[ENTRIES PROVIDED — start]

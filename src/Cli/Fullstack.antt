-- ===== src/Cli/Fullstack.antt =====
-- crates/otap-cli/src/bin/otap-fullstack.rs
pub mod Delivery
use otap_signup_validator.Common.{
  same_text, ℕ, zero, suc, ◌+◌, ◌*◌, ◌%◌, ◌^◌, List, [], ◌∷◌, length, replicate, true, Bool, Result,
  ok, err, ◌>>=◌, map_err, ◌==◌, if◌then◌else◌, bit_or,
}
use otap_signup_validator.Core.Float.{Float32}
use otap_signup_validator.Core.Dimensions.{Wavelength, new_wavelength}
use otap_signup_validator.Crypto.Hmac.{Hmac}
use otap_signup_validator.Crypto.Trajectory.{ascii}
use otap_signup_validator.Csr.Registers.{RegisterFile, new_register_file}
use otap_signup_validator.Schema.EquityOrder.{EquityTradeOrder, buy, sell, new_order, encode_order}
use otap_signup_validator.Schema.Registry.{order_id}
use otap_signup_validator.Obg.Queues.{
  SendQueue, new_request, new_send_queue, post, Completion, new_completion_queue,
}
use otap_signup_validator.Obg.Driver.{from_csr}
use otap_signup_validator.Sim.{Trig, Rate}
use otap_signup_validator.Fabric.{with_random_pmd, pump_a_to_b}
use otap_signup_validator.Flr.{
  FlrClientConfig, FlrClientError, Rest, Programmed, list_active_schemas, program_register_file,
}
use otap_signup_validator.Cli.{CliError, core, obg, registry, no_active_schemas, drain_completions}

-- `Args`
pub record Args : Type 0 where
  pub flr_url : List ℕ
  pub operator : List ℕ

-- The loop of `parse_args`: a flag takes the next argument, and a flag without one leaves its setting.
unfoldable pub parse_flags : Args → List (List ℕ) → Args
parse_flags args [] = args
parse_flags args (flag ∷ []) = args
parse_flags args (flag ∷ (value ∷ rest)) =
    let as_url = parse_flags (record args { flr_url = value }) rest in
    let as_operator = parse_flags (record args { operator = value }) rest in
    let skipped = parse_flags args (value ∷ rest) in
    if same_text flag (ascii "--flr")
    then as_url
    else if same_text flag (ascii "--operator")
    then as_operator
    else skipped

-- `parse_args`, on the arguments behind the program's name
unfoldable pub parse_args : List (List ℕ) → Args
unfolding parse_flags
parse_args argv =
    parse_flags (record { flr_url = ascii "http://localhost:8080"; operator = ascii "op-alice" })
      argv

-- The session key, `[0xBEu8; 32]`
abbrev pub fullstack_key : List ℕ
fullstack_key = replicate 32 0xbe

-- The order of round `i`; `price i` is the bits of `195.50 + (i as f64) * 0.25`.
unfoldable pub order_at : (ℕ → ℕ) → ℕ → EquityTradeOrder
unfolding new_order
order_at price i =
    new_order (ascii "AAPL") (if i % 2 == 0 then buy else sell) (100 + i * 50) (price i)
      (1_700_000_000_000 + i * 1_000_000) (42 + i) (ascii "firm-uuid-16byte")

-- The loop of posts from round `i` on, with `left` rounds to go.
unfoldable pub post_orders :
    {E : Type 0} → (ℕ → ℕ) → Wavelength → ℕ → ℕ → SendQueue → Result SendQueue (CliError E)
unfolding order_at
post_orders price wavelength i zero send = ok send
post_orders price wavelength i (suc left) send = do
  send' ← map_err obg (
      post send
        (new_request order_id wavelength (length (encode_order (order_at price i)))
          (bit_or 0xABCD_0000 i))
        (encode_order (order_at price i)))
  post_orders price wavelength (i + 1) left send'

-- What `main` has found in the end.
pub record Outcome : Type 0 where
  pub mapped_a : ℕ
  pub mapped_b : ℕ
  pub delivered : ℕ
  pub completions : List Completion

-- The configuration of the registry client.
abbrev pub config_of : Args → FlrClientConfig
config_of args = record { base_url = args.flr_url; operator_id = args.operator }

-- A register file that is programmed, or the error.
abbrev pub programmed :
    {Fault : Type 0}
    → Programmed Fault
    → Result (ℕ × RegisterFile) (CliError (FlrClientError Fault))
programmed (rf, answer) = map_err registry answer >>= λ mapped. ok (mapped, rf)

-- `main`, with what the HTTP client answers to the first listing and to the one for each register file.
unfoldable pub fullstack_main :
    (F D : Type 0) ⦃fl : Float32 F⦄ ⦃trig : Trig F⦄ ⦃rate : Rate F D⦄ ⦃hm : Hmac⦄ {Fault : Type 0}
    → (ℕ → ℕ)
    → Rest Fault
    → Rest Fault
    → Rest Fault
    → List (List ℕ)
    → Result Outcome (CliError (FlrClientError Fault))
unfolding parse_args list_active_schemas program_register_file post_orders drain_completions
fullstack_main F D price rest rest_a rest_b argv =
    let args = parse_args argv in
    let cfg = config_of args in
    map_err registry (list_active_schemas rest cfg) >>= λ schemas.
    if length schemas == 0 then err no_active_schemas else (do
      wavelength ← map_err core (new_wavelength 40)
      (mapped_a, alice_rf) ←
          programmed
            (program_register_file F rest_a cfg new_register_file wavelength fullstack_key true)
      (mapped_b, bob_rf) ←
          programmed
            (program_register_file F rest_b cfg new_register_file wavelength fullstack_key true)
      alice ← map_err obg (from_csr {F = F} alice_rf)
      bob ← map_err obg (from_csr {F = F} bob_rf)
      alice_send ← post_orders price wavelength 0 5 (new_send_queue 64)
      let (delivered, fabric, alice_end, bob_end) =
          pump_a_to_b (with_random_pmd {F = F} {D = D} 0xDEAD_BEEF 0xFEED_FACE)
            (record { driver = alice; send = alice_send; completions = new_completion_queue 0 })
            (record {
              driver = bob;
              send = new_send_queue 0;
              completions = new_completion_queue 64;
            })
      ok (record {
        mapped_a = mapped_a;
        mapped_b = mapped_b;
        delivered = delivered;
        completions = drain_completions bob_end.completions;
      }))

[ENTRIES PROVIDED — finish]

INSTRUCTIONS TO FOLLOW: Ending with the line containing "the program's name", please print exactly the lines of the material above from its first line onward, and nothing else.

SOLUTION TO THIS EXERCISE:
filename src/Cli/Fullstack.antt
-- ===== src/Cli/Fullstack.antt =====
-- crates/otap-cli/src/bin/otap-fullstack.rs
pub mod Delivery
use otap_signup_validator.Common.{
  same_text, ℕ, zero, suc, ◌+◌, ◌*◌, ◌%◌, ◌^◌, List, [], ◌∷◌, length, replicate, true, Bool, Result,
  ok, err, ◌>>=◌, map_err, ◌==◌, if◌then◌else◌, bit_or,
}
use otap_signup_validator.Core.Float.{Float32}
use otap_signup_validator.Core.Dimensions.{Wavelength, new_wavelength}
use otap_signup_validator.Crypto.Hmac.{Hmac}
use otap_signup_validator.Crypto.Trajectory.{ascii}
use otap_signup_validator.Csr.Registers.{RegisterFile, new_register_file}
use otap_signup_validator.Schema.EquityOrder.{EquityTradeOrder, buy, sell, new_order, encode_order}
use otap_signup_validator.Schema.Registry.{order_id}
use otap_signup_validator.Obg.Queues.{
  SendQueue, new_request, new_send_queue, post, Completion, new_completion_queue,
}
use otap_signup_validator.Obg.Driver.{from_csr}
use otap_signup_validator.Sim.{Trig, Rate}
use otap_signup_validator.Fabric.{with_random_pmd, pump_a_to_b}
use otap_signup_validator.Flr.{
  FlrClientConfig, FlrClientError, Rest, Programmed, list_active_schemas, program_register_file,
}
use otap_signup_validator.Cli.{CliError, core, obg, registry, no_active_schemas, drain_completions}

-- `Args`
pub record Args : Type 0 where
  pub flr_url : List ℕ
  pub operator : List ℕ

-- The loop of `parse_args`: a flag takes the next argument, and a flag without one leaves its setting.
unfoldable pub parse_flags : Args → List (List ℕ) → Args
parse_flags args [] = args
parse_flags args (flag ∷ []) = args
parse_flags args (flag ∷ (value ∷ rest)) =
    let as_url = parse_flags (record args { flr_url = value }) rest in
    let as_operator = parse_flags (record args { operator = value }) rest in
    let skipped = parse_flags args (value ∷ rest) in
    if same_text flag (ascii "--flr")
    then as_url
    else if same_text flag (ascii "--operator")
    then as_operator
    else skipped

-- `parse_args`, on the arguments behind the program's name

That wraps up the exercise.